7. The position detection system set forth in claim 6, further comprising a light source, the light source configured to project light into the space.

8. The position detection system set forth in claim 7, wherein the controller is configured to correct light detected using the camera to reduce or eliminate the effect of ambient light.

9. The position detection system set forth in claim 8, wherein the controller is configured to modulate light from the light source and image light using the camera based on the modulation of the light.

10. The position detection system set forth in claim 6, wherein the light source comprises an infrared light source.

11. The position detection system set forth in claim 6, wherein the reference points correspond to features of the display device or a component into which the display device is incorporated.

12. A method, comprising:

capturing an image using an imaging device defining an image plane, the image including space above an at least partially-reflected surface and a virtual space reflected in the surface;

determining, by a processor, a relative geometry indicating a distance and orientation between the surface and the image plane based on an image of a reference point and a mirror image of the reference point; and

determining a three-dimensional coordinate of an object in the space based on an image of the object and the relative geometry.

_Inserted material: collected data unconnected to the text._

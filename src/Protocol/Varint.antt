-- ===== src/Protocol/Varint.antt =====
-- internal/protocol/bytes.go: `varint` and `readVarint`. A position `i` in `data` is the suffix
-- `data[i:]`, so `readVarint` returns the number and the suffix behind it.
pub mod Encode
pub mod Decode
pub mod Bounds
mod Tests
use Prim.Native.Nat.{bit_and, bit_or}
use mathlib.Core.Logic.{dite}
use mathlib.Core.WellFounded.{Acc}
use native.Mathlib.Decide.{dec_lt}
use yyb_go.Prelude.{
  ℕ, zero, suc, ◌+◌, ◌*◌, ◌/◌, ◌%◌, ◌^◌, ◌<◌, [], ◌∷◌, ◌++◌, arith, Bytes, ltb, ◌==◌, if◌then◌else◌,
}
use yyb_go.Prelude.Order.{lt_wf}
use yyb_go.Prelude.Outcome.{Outcome, ok, err}

pub data Error : Type 0 where
  varint_overflow truncated_varint : Error

abbrev pub IsU64 : ℕ → Type 0
IsU64 n = n < 2 ^ 64

abbrev pub IsByte : ℕ → Type 0
IsByte b = b < 256

pub shift_shrinks : (n : ℕ) → 0 < n / 128 → n / 128 < n
shift_shrinks n h = omega arith

-- `byte(n & 0x7f)`, then `n >>= 7`; the loop goes on while that is not 0.
varint_loop : Bytes → (n : ℕ) → Acc ◌<◌ n → Bytes
varint_loop out n (Acc.intro _ smaller) =
    let b = bit_and (n % 256) 0x7f in
    dite (dec_lt 0 (n / 128))
      (λ more. varint_loop (out ++ bit_or b 0x80 ∷ []) (n / 128) (smaller _ (shift_shrinks n more)))
      (λ _. out ++ b ∷ [])

unfoldable pub varint : ℕ → Bytes
unfolding varint_loop lt_wf dec_lt
varint n = varint_loop [] n (lt_wf.apply n)

-- `n |= uint64(b&0x7f) << shift`, a 64-bit shift.
abbrev pub or_group : ℕ → ℕ → ℕ → ℕ
or_group n b shift = bit_or n (bit_and b 0x7f * 2 ^ shift % 2 ^ 64)

read_varint_loop : Bytes → ℕ → ℕ → Outcome Error (ℕ × Bytes)
read_varint_loop [] n shift = err truncated_varint
read_varint_loop (b ∷ rest) n shift =
    let n' = or_group n b shift in
    let more = read_varint_loop rest n' (shift + 7) in
    if bit_and b 0x80 == 0
    then ok (n', rest)
    else if ltb 63 (shift + 7)
    then err varint_overflow
    else more

unfoldable pub read_varint : Bytes → Outcome Error (ℕ × Bytes)
unfolding read_varint_loop
read_varint bytes = read_varint_loop bytes 0 0
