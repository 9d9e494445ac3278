-- ===== src/Net.antt =====
-- The networking layer: include/liteim/net and src/net.
pub mod Buffer
pub mod Session
mod Tests
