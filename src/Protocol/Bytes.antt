-- ===== src/Protocol/Bytes.antt =====
-- include/liteim/base/Types.hpp, and the pointer and length in which a caller hands bytes over.
use lite_im.Prelude.{ℕ, ◌<◌, List, [], ◌∷◌, ◌++◌, All}

-- A byte is a number below 256.
abbrev pub Bytes : Type 0
Bytes = List ℕ

abbrev pub IsByte : ℕ → Type 0
IsByte b = b < 256

abbrev pub AreBytes : Bytes → Type 0
AreBytes bs = All IsByte bs

-- `const Byte* data, std::size_t len`: a null pointer with some length, or `len` bytes.
pub data Span : Type 0 where
  null : ℕ → Span
  bytes : Bytes → Span

abbrev pub push_back : Bytes → ℕ → Bytes
push_back output b = output ++ (b ∷ [])
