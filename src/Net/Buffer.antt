-- ===== src/Net/Buffer.antt =====
-- include/liteim/net/Buffer.hpp and src/net/Buffer.cpp: the output buffer of a session, a vector with
-- a read and a write index.
pub mod Queue
pub mod Refinement
use lite_im.Prelude.{
  ℕ, ◌+◌, ◌-◌, Bool, not, [], ◌++◌, length, take, drop, replicate, ltb, leb, ◌==◌, if◌then◌else◌,
}
use lite_im.Status.{Status, success, error, invalid_argument}
use lite_im.Protocol.Bytes.{Bytes, Span, null, bytes}

pub record Buffer : Type 0 where
  pub storage : Bytes
  pub read_index : ℕ
  pub write_index : ℕ

unfoldable pub new_buffer : ℕ → Buffer
new_buffer initial_size = record {
  storage = replicate (if initial_size == 0 then 1 else initial_size) 0;
  read_index = 0;
  write_index = 0;
}

abbrev pub readable_bytes : Buffer → ℕ
readable_bytes b = b.write_index - b.read_index

abbrev pub writable_bytes : Buffer → ℕ
writable_bytes b = length b.storage - b.write_index

-- `peek()` and the `readableBytes()` bytes behind it.
abbrev pub peek : Buffer → Bytes
peek b = take (readable_bytes b) (drop b.read_index b.storage)

-- `std::move(begin + read, begin + write, begin)`, and the indices after it.
unfoldable pub move_to_front : Buffer → Buffer
move_to_front b = record {
  storage = peek b ++ drop (readable_bytes b) b.storage;
  read_index = 0;
  write_index = readable_bytes b;
}

-- `std::vector::resize` with zeros.
unfoldable pub resize : ℕ → Bytes → Bytes
resize n bs = if leb n (length bs) then take n bs else bs ++ replicate (n - length bs) 0

unfoldable pub ensure_writable_bytes : Buffer → ℕ → Buffer
ensure_writable_bytes b len =
    if leb len (writable_bytes b)
    then b
    else if leb len (b.read_index + writable_bytes b)
    then move_to_front b
    else let moved : Buffer = if not (b.read_index == 0) then move_to_front b else b in
      record moved { storage = resize (moved.write_index + len) moved.storage }

-- `std::memcpy` to an index.
unfoldable pub write_at : Bytes → ℕ → Bytes → Bytes
write_at storage i bs = take i storage ++ (bs ++ drop (i + length bs) storage)

unfoldable pub append : Buffer → Span → Buffer × Status
append b (null len) =
    if not (len == 0)
    then (b, error invalid_argument "buffer append input is null")
    else (b, success)
append b (bytes bs) =
    if length bs == 0
    then (b, success)
    else let roomy : Buffer = ensure_writable_bytes b (length bs) in
      (
        record roomy {
          storage = write_at roomy.storage roomy.write_index bs;
          write_index = roomy.write_index + length bs;
        },
        success,
      )

unfoldable pub retrieve_all : Buffer → Buffer
retrieve_all b = record b { read_index = 0; write_index = 0 }

unfoldable pub retrieve : Buffer → ℕ → Buffer × Status
unfolding retrieve_all
retrieve b len =
    if ltb (readable_bytes b) len
    then (b, error invalid_argument "buffer retrieve exceeds readable bytes")
    else if len == readable_bytes b
    then (retrieve_all b, success)
    else (record b { read_index = b.read_index + len }, success)

unfoldable pub retrieve_all_as_string : Buffer → Bytes × Buffer
unfolding retrieve_all
retrieve_all_as_string b = (peek b, retrieve_all b)
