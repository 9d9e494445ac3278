-- ===== src/Net/Buffer/Queue.antt =====
-- A buffer is a queue of bytes: appended behind, retrieved in front.
use lite_im.Prelude.{
  ℕ, zero, ◌+◌, ◌-◌, ◌≤◌, ◌≡◌, refl, ap, sym, ◌∙◌, inl, inr, false, [], ◌∷◌, ◌++◌, append_assoc,
  append-nil, arith, length, length-append, length-take, length-drop, take, drop, take-append,
  drop-append, take-append_eq, drop-take, length-replicate, take-append-drop, replicate, leb, ◌==◌,
  Bool-cases,
}
use lite_im.Status.{success}
use lite_im.Protocol.Bytes.{Bytes, bytes}
use lite_im.Net.Buffer.{
  Buffer, readable_bytes, writable_bytes, peek, move_to_front, resize, ensure_writable_bytes,
  write_at, append,
}

-- The indices in order, within the storage.
pub record IsValid (b : Buffer) : Type 0 where
  pub ordered : b.read_index ≤ b.write_index
  pub inside : b.write_index ≤ length b.storage

pub length-peek : (b : Buffer) → IsValid b → length (peek b) ≡ readable_bytes b
length-peek b v = omega (
  arith,
  v.ordered,
  v.inside,
  length-take (readable_bytes b) (drop b.read_index b.storage),
  length-drop b.read_index b.storage,
)

-- A buffer whose content is known, and how much room there is behind it.
pub record Holds (b : Buffer) (content : Bytes) (room : ℕ) : Type 0 where
  pub valid : IsValid b
  pub content_lem : peek b ≡ content
  pub roomy : b.write_index + room ≤ length b.storage

move_to_front-Holds :
    (b : Buffer) (len : ℕ)
    → IsValid b
    → len ≤ b.read_index + writable_bytes b
    → Holds (move_to_front b) (peek b) len
unfolding move_to_front
move_to_front-Holds b len v h =
    let n = length-peek b v in
    let size = length-append (peek b) (drop (readable_bytes b) b.storage) in
    let tail = length-drop (readable_bytes b) b.storage in
    record {
      valid = record {
        ordered = omega arith;
        inside = omega (arith, n, size, v.inside, v.ordered);
      };
      content_lem = take-append_eq _ (peek b) _ (omega (arith, n));
      roomy = omega (arith, n, size, tail, v.inside, v.ordered);
    }

-- What `memcpy` writes behind the content.
write_at_content :
    (storage : Bytes) (r w : ℕ) (xs : Bytes)
    → r ≤ w
    → w + length xs ≤ length storage
    → take (w + length xs - r) (drop r (write_at storage w xs))
      ≡ take (w - r) (drop r storage) ++ xs
unfolding write_at
write_at_content storage r w xs h k =
    let front : Bytes = take w storage in
    let back : Bytes = drop (w + length xs) storage in
    let size : length front ≡ w = omega (arith, length-take w storage) in
    sym (drop-take r (w + length xs) (front ++ (xs ++ back)))
    ∙ ap (drop r) (
        ap (take (w + length xs)) (sym (append_assoc front xs back))
        ∙ take-append_eq (w + length xs) (front ++ xs) back (omega (arith, length-append front xs)))
    ∙ drop-append r front xs (omega arith)
    ∙ ap (λ (ys : Bytes). ys ++ xs) (drop-take r w storage)

length-write_at :
    (storage : Bytes) (w : ℕ) (xs : Bytes)
    → w + length xs ≤ length storage
    → length (write_at storage w xs) ≡ length storage
unfolding write_at
length-write_at storage w xs h =
    let back : Bytes = drop (w + length xs) storage in
    omega (
      arith,
      length-append (take w storage) (xs ++ back),
      length-append xs back,
      length-take w storage,
      length-drop (w + length xs) storage,
    )

-- The content is in the storage below the write index.
peek-storage :
    (b : Buffer) (storage : Bytes)
    → take b.write_index storage ≡ take b.write_index b.storage
    → peek (record b { storage = storage }) ≡ peek b
peek-storage b storage e =
    sym (drop-take b.read_index b.write_index storage)
    ∙ ap (drop b.read_index) e
    ∙ drop-take b.read_index b.write_index b.storage

length-resize : (n : ℕ) (bs : Bytes) → length (resize n bs) ≡ n
unfolding resize
length-resize n bs = ground (
  arith,
  length-take n bs,
  length-append bs (replicate (n - length bs) 0),
  length-replicate (n - length bs) (zero),
)

take-resize : (k n : ℕ) (bs : Bytes) → k ≤ n → k ≤ length bs → take k (resize n bs) ≡ take k bs
unfolding resize
take-resize k n bs h l = elim (Bool-cases (leb n (length bs))) [
  | inl fits ↦
      let size : k ≤ length (take n bs) = omega (arith, length-take n bs) in
      rw fits
        (sym (take-append k (take n bs) (drop n bs) size) ∙ ap (take k) (take-append-drop n bs))
  | inr grows ↦ rw grows (take-append k bs _ l)
]

-- Growing the storage leaves the content.
resize-Holds :
    (b : Buffer) (len : ℕ)
    → IsValid b
    → Holds (record b { storage = resize (b.write_index + len) b.storage }) (peek b) len
resize-Holds b len v =
    let size = length-resize (b.write_index + len) b.storage in
    record {
      valid = record { ordered = v.ordered; inside = omega (arith, size) };
      content_lem = peek-storage b _ (take-resize b.write_index _ b.storage (omega arith) v.inside);
      roomy = omega (arith, size);
    }

Holds-content : {b : Buffer} {xs ys : Bytes} {n : ℕ} → xs ≡ ys → Holds b xs n → Holds b ys n
Holds-content e h = record { valid = h.valid; content_lem = h.content_lem ∙ e; roomy = h.roomy }

ensure_writable_bytes-Holds :
    (b : Buffer) (len : ℕ) → IsValid b → Holds (ensure_writable_bytes b len) (peek b) len
unfolding ensure_writable_bytes
ensure_writable_bytes-Holds b len v = elim (Bool-cases (leb len (writable_bytes b))) [
  | inl fits ↦ rw fits (record { valid = v; content_lem = refl; roomy = ground (arith, v.inside) })
  | inr full ↦ elim (Bool-cases (leb len (b.read_index + writable_bytes b))) [
    | inl moves ↦ rw (full, moves) (move_to_front-Holds b len v (ground arith))
    | inr grows ↦ elim (Bool-cases (b.read_index == 0)) [
      | inl start ↦ rw (full, grows, start) (resize-Holds b len v)
      | inr late ↦
          let moved = move_to_front-Holds b 0 v (omega arith) in
          rw (full, grows, late)
            (Holds-content moved.content_lem (resize-Holds (move_to_front b) len moved.valid))
    ]
  ]
]

-- An append puts the bytes behind the content, and a null input of some length is refused.
pub append-Holds :
    (b : Buffer) (xs : Bytes)
    → IsValid b
    → Holds (append b (bytes xs)).0 (peek b ++ xs) 0 × ((append b (bytes xs)).1 ≡ success)
unfolding append
append-Holds b [] v = (
  record { valid = v; content_lem = sym (append-nil (peek b)); roomy = omega (arith, v.inside) },
  refl,
)
append-Holds b (x ∷ xs) v =
    let ys : Bytes = x ∷ xs in
    let more : (length ys == 0) ≡ false = ground arith in
    let roomy : Buffer = ensure_writable_bytes b (length ys) in
    let h = ensure_writable_bytes-Holds b (length ys) v in
    let size = length-write_at roomy.storage roomy.write_index ys h.roomy in
    rw more (
      record {
        valid = record {
          ordered = omega (arith, h.valid.ordered);
          inside = omega (arith, size, h.roomy);
        };
        content_lem =
            write_at_content roomy.storage roomy.read_index roomy.write_index ys h.valid.ordered
              h.roomy
            ∙ ap (λ (zs : Bytes). zs ++ ys) h.content_lem;
        roomy = omega (arith, size, h.roomy);
      },
      refl,
    )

13. The method set forth in claim 12, further comprising:

emitting light into the space above the surface, wherein the light is modulated at a modulation frequency falling within a range, and

wherein capturing an image comprises filtering light outside the range.

14. The method set forth in claim 12, wherein the at least partially-reflected surface comprises a display or a material positioned above a display.

15. The method set forth in claim 12, wherein the reference point comprises a feature of the display.

16. The method set forth in claim 12, wherein the display is comprised in a computer or a mobile device.

17. A computer program product comprising a tangible computer-readable medium embodying program code, the program code comprising:

code that configures a computing system to capture an image using an imaging device defining an image plane, the image including space above an at least partially-reflected surface and a virtual space reflected in the surface;

code that configures the computing system to determine, a relative geometry indicating a distance and orientation between the surface and the image plane based on an image of a reference point and a mirror image of the reference point; and

code that configures the computing system to determine a three-dimensional coordinate of an object in the space based on an image of the object and the relative geometry.

18. The computer program product set forth in claim 17, further comprising

code that configures the computing system to cause an emitter to emit light into the space above the surface, the light is modulated at a modulation frequency falling within a range detectable by the imaging device.

19. The computer program product set forth in claim 17, wherein the code that configures the computing system to determine the relative geometry configures the computing system to access data identifying a distance between two reference points and a height of the reference points above the screen.

20. The computer-program product set forth in claim 17, wherein the tangible computer-readable medium comprises at least one of memory of a desktop, laptop, or portable computer, memory of a mobile device, or memory of a digital signal processor.